Summary: Researchers have developed a new compound, dubbed FexD, that can prevent and reverse inflammation in mouse models of inflammatory bowel disease.
Source: Salk Institute
A drug developed by Salk Institute researchers acts like a master reset switch in the intestines. The compound, called FexD, has previously been found to lower cholesterol, burn fat, and ward off colorectal cancer in mice.
Now, the team reports in Proceedings of the National Academy of Sciences on December 12, 2022, that FexD can also prevent and reverse intestinal inflammation in mouse models of inflammatory bowel disease.
“The Salk-developed drug FexD provides a new way to restore balance to the digestive system and treat inflammatory diseases that are currently very difficult to manage,” says senior author and Salk Professor Ronald Evans, director of Salk’s Gene Expression Laboratory and March of Dimes Chair in Molecular and Developmental Biology.
Inflammatory bowel disease (IBD), which includes both Crohn’s disease and ulcerative colitis, is characterized by an excess of immune cells and inflammatory signaling molecules known as cytokines in the gut.
Existing treatments, which mostly work by either suppressing the entire immune system or by targeting individual cytokines, are only effective for some patients and carry a host of side effects.
For more than two decades, Evans’ lab has studied Farnesoid X receptor (FXR), a master regulator protein that senses the bile acids delivered to the digestive system to help digest food and absorb nutrients.
When FXR detects a shift in bile acids at the beginning of a meal, it prepares the body for an influx of food by flipping on and off dozens of cellular programs related to digestion, blood sugar, and fat metabolism.
In 2015, Evans and his colleagues developed a pill called fexaramine that activates FXR in the gut.

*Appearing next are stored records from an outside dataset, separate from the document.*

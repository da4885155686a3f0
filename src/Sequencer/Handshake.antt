-- ===== src/Sequencer/Handshake.antt =====
-- rustdv/rustdv-methodology/src/sequence.rs: what the end of a `finish_item` says.
use rustdv.Base.{
  ◌≡◌, true, List, [], ◌∷◌, ◌++◌, some, arith, append_assoc, append-nil, inl, inr, In, In-append,
  In-append_left, In-append_right, In-last, sym,
}
use rustdv.Sequencer.Responses.{TxnId}
use rustdv.Sequencer.Bench.{Bench, Call, Reply, item, ticket, call, at_rest, Ran, finish, after}
use rustdv.Sequencer.Steps.{
  given, released, all_given, all_released, payload_step, item_step, current_step, done_step,
  ticket_step, released_step,
}

module _ {REQ RSP : Type 0} where
  -- How the slots stand to what was given, replied and released before
  record Kept (b : Bench REQ RSP) (gs : List (TxnId × REQ)) (rs : List (Reply REQ))
      (ds : List TxnId) : Type 0 where
    payload : (id : TxnId) (p : REQ) → (b.seqr.inner.slots id).payload ≡ some p → In (id, p) gs
    items : (id : TxnId) (p : REQ) → In (item id p) rs → In (id, p) gs
    current : (id : TxnId) → b.seqr.inner.current ≡ some id → (p : REQ) × In (item id p) rs
    done : (id : TxnId) → (b.seqr.inner.slots id).done.is_set ≡ true → In id ds
    released : (id : TxnId) → In id ds → (p : REQ) × In (item id p) rs
    tickets : (id : TxnId) → In (ticket id) rs → In id ds

  call-Kept :
      (b : Bench REQ RSP) (c : Call REQ RSP) {b' : Bench REQ RSP} {r : Reply REQ}
      (gs : List (TxnId × REQ)) (rs : List (Reply REQ)) (ds : List TxnId)
      → call b c ≡ some (b', r)
      → Kept b gs rs ds
      → Kept b' (gs ++ given b c) (rs ++ r ∷ []) (ds ++ released b c)
  call-Kept b c {b' = b'} {r = r} gs rs ds e h = record {
    payload = λ id p k. elim (payload_step b c id p e k) [
      | inl old ↦ In-append_left (id, p) gs (given b c) (h.payload id p old)
      | inr new ↦ In-append_right (id, p) gs (given b c) new
    ];
    items = λ id p k.
        In-append_left (id, p) gs (given b c)
          (elim (In-last (item id p) r rs k) [
            | inl old ↦ h.items id p old
            | inr new ↦ h.payload id p (item_step b c id p e (sym new))
          ]);
    current = λ id k. elim (current_step b c id e k) [
      | inl old ↦ let (p, m) = h.current id old in (p, In-append_left (item id p) rs (r ∷ []) m)
      | inr new ↦ let (p, m) = new in (p, In-append_right (item id p) rs (r ∷ []) (inl (sym m)))
    ];
    done = λ id k. elim (done_step b c id e k) [
      | inl old ↦ In-append_left id ds (released b c) (h.done id old)
      | inr new ↦ In-append_right id ds (released b c) new
    ];
    released = λ id k. elim (In-append id ds (released b c) k) [
      | inl old ↦ let (p, m) = h.released id old in (p, In-append_left (item id p) rs (r ∷ []) m)
      | inr new ↦
          let (p, m) = h.current id (released_step b c id new) in
          (p, In-append_left (item id p) rs (r ∷ []) m)
    ];
    tickets = λ id k. elim (In-last (ticket id) r rs k) [
      | inl old ↦ In-append_left id ds (released b c) (h.tickets id old)
      | inr new ↦ elim (done_step b c id e (ticket_step b c id e (sym new))) [
        | inl old ↦ In-append_left id ds (released b c) (h.done id old)
        | inr now ↦ In-append_right id ds (released b c) now
      ]
    ];
  }

  Ran-Kept :
      (gs : List (TxnId × REQ)) (rs : List (Reply REQ)) (ds : List TxnId) {b b' : Bench REQ RSP}
      {cs : List (Call REQ RSP)} {qs : List (Reply REQ)} (ran : Ran b cs qs b')
      → Kept b gs rs ds
      → Kept b' (gs ++ all_given ran) (rs ++ qs) (ds ++ all_released ran)
  Ran-Kept gs rs ds finish h = rw (append-nil gs, append-nil rs, append-nil ds) h
  Ran-Kept gs rs ds (after {b = b} {c = c} {r = r} {rs = qs} e ran) h =
      let later =
        Ran-Kept (gs ++ given b c) (rs ++ r ∷ []) (ds ++ released b c) ran
          (call-Kept b c gs rs ds e h) in
      rw
        (
          ← append_assoc gs (given b c) (all_given ran),
          ← append_assoc rs (r ∷ []) qs,
          ← append_assoc ds (released b c) (all_released ran),
        )
        later

  at_rest-Kept : Kept at_rest [] [] []
  unfolding at_rest
  at_rest-Kept = record {
    payload = λ id p h. ground arith;
    items = λ id p h. h;
    current = λ id h. ground arith;
    done = λ id h. ground arith;
    released = λ id h. elim h [ ];
    tickets = λ id h. h;
  }

  -- When a `finish_item` returns with a ticket, in any history, the driver has called `item_done` for that
  -- ticket, had got its item, and the item was the one that some `finish_item` handed over under it.
  pub finish_item-delivered :
      {b : Bench REQ RSP} {cs : List (Call REQ RSP)} {rs : List (Reply REQ)}
      (ran : Ran at_rest cs rs b) (id : TxnId)
      → In (ticket id) rs
      → In id (all_released ran) × ((p : REQ) × In (item id p) rs × In (id, p) (all_given ran))
  finish_item-delivered ran id h =
      let v = Ran-Kept [] [] [] ran at_rest-Kept in
      let d = v.tickets id h in let (p, m) = v.released id d in (d, (p, m, v.items id p m))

The pill, they initially showed, can stop weight gain and control blood sugar in mice.
In 2019, they showed that FexD—an updated version of fexaramine—also prevented cancer-associated changes to stem cells in the gut. Their work suggested that FXR also played a role in regulating inflammation.
“Every time you eat, you’re causing small amounts of inflammation in your gut as your intestinal cells encounter new molecules. FXR makes sure inflammation stays under control during normal feeding,” says Senior Staff Scientist Michael Downes, co-corresponding author of the new paper.
In the new work, Evans’ group discovered that activating FXR can be used to ease symptoms in inflammation-driven diseases. When the researchers gave mice with IBD a daily dose of oral FexD, either before or after the onset of intestinal inflammation, the drug prevented or treated the inflammation.
By activating FXR, FexD reduced the infiltration of a class of highly inflammatory immune cells called innate lymphoid cells. In turn, levels of cytokines already implicated in IBD decreased to levels normally seen in healthy mice.
“When we activate FXR, we restore appropriate signaling pathways in the gut, bringing things back to a homeostatic level,” says Senior Research Scientist Annette Atkins, co-author of the study.
Since FXR acts more like a reset button than an off switch for the immune system, cytokines are not completely blocked by FexD. This means that the immune system continues functioning in a normal way after a dose of FexD.
The compound still must be optimized for use in humans and tested in clinical trials, but the researchers say their findings provide important information about the complex links between gut health and inflammation and could eventually lead to an IBD therapeutic.
“In people with IBD, our strategy could potentially be very effective at preventing flare-ups and as a long-term maintenance drug,” says first author Ting Fu, previously a postdoctoral fellow at Salk and now an assistant professor at the University of Wisconsin-Madison.
Other authors of the paper include Yuwenbin Li, Tae Gyu Oh, Fritz Cayabyab, Nanhai He, Qin Tang, Morgan Truitt, Paul Medina, Mingxiao He, Ruth T. Yu, and Ye Zheng of Salk; and Sally Coulter and Christopher Liddle of the University of Sydney.